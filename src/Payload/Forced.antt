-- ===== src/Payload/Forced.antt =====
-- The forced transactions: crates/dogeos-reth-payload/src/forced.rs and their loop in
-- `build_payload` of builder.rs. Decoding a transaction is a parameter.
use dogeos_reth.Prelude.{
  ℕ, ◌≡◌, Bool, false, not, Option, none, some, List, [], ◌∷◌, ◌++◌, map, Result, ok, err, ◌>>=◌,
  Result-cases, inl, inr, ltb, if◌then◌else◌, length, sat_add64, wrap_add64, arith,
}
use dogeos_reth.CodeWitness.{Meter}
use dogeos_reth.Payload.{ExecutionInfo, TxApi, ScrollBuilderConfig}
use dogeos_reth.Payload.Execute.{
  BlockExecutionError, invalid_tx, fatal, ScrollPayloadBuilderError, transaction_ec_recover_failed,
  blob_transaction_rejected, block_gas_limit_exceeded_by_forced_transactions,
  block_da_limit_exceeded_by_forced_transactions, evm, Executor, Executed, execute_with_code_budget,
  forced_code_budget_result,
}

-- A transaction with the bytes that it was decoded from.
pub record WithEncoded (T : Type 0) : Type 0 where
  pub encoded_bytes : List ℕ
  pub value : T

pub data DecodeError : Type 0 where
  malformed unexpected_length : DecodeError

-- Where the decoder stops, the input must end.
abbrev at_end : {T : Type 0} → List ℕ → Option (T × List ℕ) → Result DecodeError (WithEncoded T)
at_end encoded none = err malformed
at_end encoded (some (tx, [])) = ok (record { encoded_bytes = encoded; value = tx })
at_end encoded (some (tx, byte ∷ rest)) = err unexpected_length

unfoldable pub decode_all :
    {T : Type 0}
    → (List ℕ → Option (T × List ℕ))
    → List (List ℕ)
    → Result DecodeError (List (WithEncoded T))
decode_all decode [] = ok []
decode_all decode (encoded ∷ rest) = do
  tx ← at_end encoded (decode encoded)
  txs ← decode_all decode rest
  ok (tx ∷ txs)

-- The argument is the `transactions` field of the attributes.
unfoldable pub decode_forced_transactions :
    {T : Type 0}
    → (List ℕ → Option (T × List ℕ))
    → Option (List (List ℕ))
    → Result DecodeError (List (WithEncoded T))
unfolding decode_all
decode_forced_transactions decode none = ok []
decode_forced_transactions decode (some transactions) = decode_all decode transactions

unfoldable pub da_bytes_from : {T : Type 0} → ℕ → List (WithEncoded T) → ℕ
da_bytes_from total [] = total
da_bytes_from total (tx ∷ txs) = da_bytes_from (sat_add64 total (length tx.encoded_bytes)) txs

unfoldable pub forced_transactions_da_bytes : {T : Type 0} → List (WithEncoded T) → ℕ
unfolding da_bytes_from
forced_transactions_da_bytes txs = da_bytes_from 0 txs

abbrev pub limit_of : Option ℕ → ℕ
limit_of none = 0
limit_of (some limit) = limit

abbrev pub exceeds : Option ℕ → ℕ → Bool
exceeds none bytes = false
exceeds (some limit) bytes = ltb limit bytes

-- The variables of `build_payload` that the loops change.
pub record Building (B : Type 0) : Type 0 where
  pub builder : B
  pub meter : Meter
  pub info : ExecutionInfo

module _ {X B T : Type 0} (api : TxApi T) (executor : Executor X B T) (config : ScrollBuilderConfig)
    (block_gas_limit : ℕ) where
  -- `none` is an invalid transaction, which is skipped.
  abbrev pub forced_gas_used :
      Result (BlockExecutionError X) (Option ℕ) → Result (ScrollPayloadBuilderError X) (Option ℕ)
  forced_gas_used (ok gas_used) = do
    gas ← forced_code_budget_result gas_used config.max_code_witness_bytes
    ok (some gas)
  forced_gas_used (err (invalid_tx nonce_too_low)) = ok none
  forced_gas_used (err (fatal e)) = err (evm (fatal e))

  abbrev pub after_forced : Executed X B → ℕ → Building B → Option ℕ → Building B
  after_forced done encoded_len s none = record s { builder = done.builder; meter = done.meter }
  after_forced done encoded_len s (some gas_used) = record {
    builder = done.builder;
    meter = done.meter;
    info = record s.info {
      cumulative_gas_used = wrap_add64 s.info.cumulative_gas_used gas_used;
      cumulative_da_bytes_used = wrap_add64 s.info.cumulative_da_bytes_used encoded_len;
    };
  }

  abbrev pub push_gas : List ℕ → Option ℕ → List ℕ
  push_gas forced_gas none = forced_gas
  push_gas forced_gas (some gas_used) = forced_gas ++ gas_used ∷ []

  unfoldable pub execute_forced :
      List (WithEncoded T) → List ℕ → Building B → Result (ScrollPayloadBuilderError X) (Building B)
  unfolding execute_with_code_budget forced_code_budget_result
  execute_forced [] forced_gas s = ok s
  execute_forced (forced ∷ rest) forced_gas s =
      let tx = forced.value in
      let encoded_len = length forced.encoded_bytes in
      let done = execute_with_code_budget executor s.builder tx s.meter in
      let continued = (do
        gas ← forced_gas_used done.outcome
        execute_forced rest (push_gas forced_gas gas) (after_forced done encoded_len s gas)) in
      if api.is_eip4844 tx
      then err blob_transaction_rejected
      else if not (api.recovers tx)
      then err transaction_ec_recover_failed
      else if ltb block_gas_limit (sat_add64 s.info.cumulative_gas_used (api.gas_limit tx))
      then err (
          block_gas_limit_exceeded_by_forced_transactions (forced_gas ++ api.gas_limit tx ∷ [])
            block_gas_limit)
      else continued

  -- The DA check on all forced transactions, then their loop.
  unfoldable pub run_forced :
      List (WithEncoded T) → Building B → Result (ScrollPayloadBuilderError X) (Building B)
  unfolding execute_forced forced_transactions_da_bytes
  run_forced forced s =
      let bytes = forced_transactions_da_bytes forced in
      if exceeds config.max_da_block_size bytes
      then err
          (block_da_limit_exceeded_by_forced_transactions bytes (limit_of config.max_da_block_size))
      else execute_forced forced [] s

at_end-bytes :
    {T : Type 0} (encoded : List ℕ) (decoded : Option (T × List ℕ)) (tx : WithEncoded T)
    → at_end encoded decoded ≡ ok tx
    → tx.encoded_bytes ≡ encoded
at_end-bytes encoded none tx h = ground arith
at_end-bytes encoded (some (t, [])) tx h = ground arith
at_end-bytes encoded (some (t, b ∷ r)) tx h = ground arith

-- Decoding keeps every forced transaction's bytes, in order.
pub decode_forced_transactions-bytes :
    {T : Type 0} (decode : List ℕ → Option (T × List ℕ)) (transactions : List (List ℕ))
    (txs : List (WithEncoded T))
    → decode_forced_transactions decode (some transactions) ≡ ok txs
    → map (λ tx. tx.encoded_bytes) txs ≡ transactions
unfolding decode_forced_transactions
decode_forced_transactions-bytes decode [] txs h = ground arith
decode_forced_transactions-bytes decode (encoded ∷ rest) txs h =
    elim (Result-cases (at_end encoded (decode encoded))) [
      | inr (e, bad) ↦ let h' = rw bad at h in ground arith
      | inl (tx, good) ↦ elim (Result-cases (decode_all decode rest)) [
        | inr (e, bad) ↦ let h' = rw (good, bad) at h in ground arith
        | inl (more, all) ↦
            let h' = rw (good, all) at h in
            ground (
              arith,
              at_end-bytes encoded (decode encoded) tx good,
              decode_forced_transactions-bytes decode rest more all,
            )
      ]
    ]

==

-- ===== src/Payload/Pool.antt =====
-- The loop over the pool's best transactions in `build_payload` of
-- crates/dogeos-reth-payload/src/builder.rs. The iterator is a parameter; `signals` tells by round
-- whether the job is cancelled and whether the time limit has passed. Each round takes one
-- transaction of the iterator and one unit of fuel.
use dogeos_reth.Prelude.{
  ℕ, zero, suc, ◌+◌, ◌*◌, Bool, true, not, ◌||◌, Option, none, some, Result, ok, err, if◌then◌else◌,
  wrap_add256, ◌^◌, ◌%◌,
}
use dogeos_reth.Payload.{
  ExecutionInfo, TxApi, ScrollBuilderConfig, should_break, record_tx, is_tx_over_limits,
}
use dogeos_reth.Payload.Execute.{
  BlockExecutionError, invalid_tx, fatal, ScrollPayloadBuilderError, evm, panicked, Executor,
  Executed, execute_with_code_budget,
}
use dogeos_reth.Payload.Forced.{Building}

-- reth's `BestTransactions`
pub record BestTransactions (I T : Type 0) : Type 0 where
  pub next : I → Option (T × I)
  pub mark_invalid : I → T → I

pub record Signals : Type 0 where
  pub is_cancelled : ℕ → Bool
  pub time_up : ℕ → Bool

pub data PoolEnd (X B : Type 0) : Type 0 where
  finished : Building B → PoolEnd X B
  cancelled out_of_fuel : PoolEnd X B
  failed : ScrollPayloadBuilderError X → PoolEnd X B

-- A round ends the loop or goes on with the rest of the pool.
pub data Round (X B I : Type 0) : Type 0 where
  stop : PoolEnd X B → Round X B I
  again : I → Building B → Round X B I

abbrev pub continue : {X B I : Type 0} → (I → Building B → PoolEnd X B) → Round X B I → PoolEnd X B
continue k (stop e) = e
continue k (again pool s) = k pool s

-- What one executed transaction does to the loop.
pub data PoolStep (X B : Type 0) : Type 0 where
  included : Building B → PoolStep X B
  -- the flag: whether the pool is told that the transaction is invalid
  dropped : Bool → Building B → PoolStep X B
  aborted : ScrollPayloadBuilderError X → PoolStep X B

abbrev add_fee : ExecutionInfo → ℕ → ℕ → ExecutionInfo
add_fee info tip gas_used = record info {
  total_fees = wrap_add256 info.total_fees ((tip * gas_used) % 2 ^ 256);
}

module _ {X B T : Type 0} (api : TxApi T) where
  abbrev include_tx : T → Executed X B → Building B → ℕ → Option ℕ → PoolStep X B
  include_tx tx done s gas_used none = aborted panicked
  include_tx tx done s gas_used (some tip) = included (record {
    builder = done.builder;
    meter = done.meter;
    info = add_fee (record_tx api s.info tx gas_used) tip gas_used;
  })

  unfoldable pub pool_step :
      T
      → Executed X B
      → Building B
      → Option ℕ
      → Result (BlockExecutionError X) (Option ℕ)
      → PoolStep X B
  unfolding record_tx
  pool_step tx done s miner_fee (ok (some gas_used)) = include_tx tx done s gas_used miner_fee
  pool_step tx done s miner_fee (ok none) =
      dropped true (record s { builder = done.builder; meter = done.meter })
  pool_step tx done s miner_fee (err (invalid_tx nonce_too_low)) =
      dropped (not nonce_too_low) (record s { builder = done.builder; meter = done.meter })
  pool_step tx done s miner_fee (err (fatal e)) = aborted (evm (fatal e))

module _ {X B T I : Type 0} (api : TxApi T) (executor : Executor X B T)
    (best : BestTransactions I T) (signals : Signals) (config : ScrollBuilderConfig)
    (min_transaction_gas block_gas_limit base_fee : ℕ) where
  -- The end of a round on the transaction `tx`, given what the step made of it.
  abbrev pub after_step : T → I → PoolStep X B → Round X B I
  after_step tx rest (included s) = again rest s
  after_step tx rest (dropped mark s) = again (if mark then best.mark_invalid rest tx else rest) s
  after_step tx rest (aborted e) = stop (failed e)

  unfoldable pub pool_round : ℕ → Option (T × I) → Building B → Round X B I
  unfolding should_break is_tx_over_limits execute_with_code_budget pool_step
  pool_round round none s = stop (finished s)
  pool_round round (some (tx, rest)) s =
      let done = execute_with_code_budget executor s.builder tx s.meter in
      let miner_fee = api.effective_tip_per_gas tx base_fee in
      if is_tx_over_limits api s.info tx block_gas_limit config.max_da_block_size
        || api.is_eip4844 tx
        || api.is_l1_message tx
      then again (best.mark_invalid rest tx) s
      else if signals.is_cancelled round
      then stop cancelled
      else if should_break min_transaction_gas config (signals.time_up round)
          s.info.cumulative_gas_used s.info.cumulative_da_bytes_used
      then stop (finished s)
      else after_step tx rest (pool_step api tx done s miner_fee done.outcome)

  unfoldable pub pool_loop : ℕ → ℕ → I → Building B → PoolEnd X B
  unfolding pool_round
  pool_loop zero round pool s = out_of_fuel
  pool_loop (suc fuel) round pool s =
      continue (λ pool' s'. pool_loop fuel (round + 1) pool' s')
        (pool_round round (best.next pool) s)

▶ [Exercise description]: Above are some lines. Repeat exactly, and only, those from the line that has "else if signals.is_cancelled round" through the line that has "(pool_round round (best.next pool) s)".

▶ [The completed task]:
      else if signals.is_cancelled round
      then stop cancelled
      else if should_break min_transaction_gas config (signals.time_up round)
          s.info.cumulative_gas_used s.info.cumulative_da_bytes_used
      then stop (finished s)
      else after_step tx rest (pool_step api tx done s miner_fee done.outcome)

  unfoldable pub pool_loop : ℕ → ℕ → I → Building B → PoolEnd X B
  unfolding pool_round
  pool_loop zero round pool s = out_of_fuel
  pool_loop (suc fuel) round pool s =
      continue (λ pool' s'. pool_loop fuel (round + 1) pool' s')
        (pool_round round (best.next pool) s)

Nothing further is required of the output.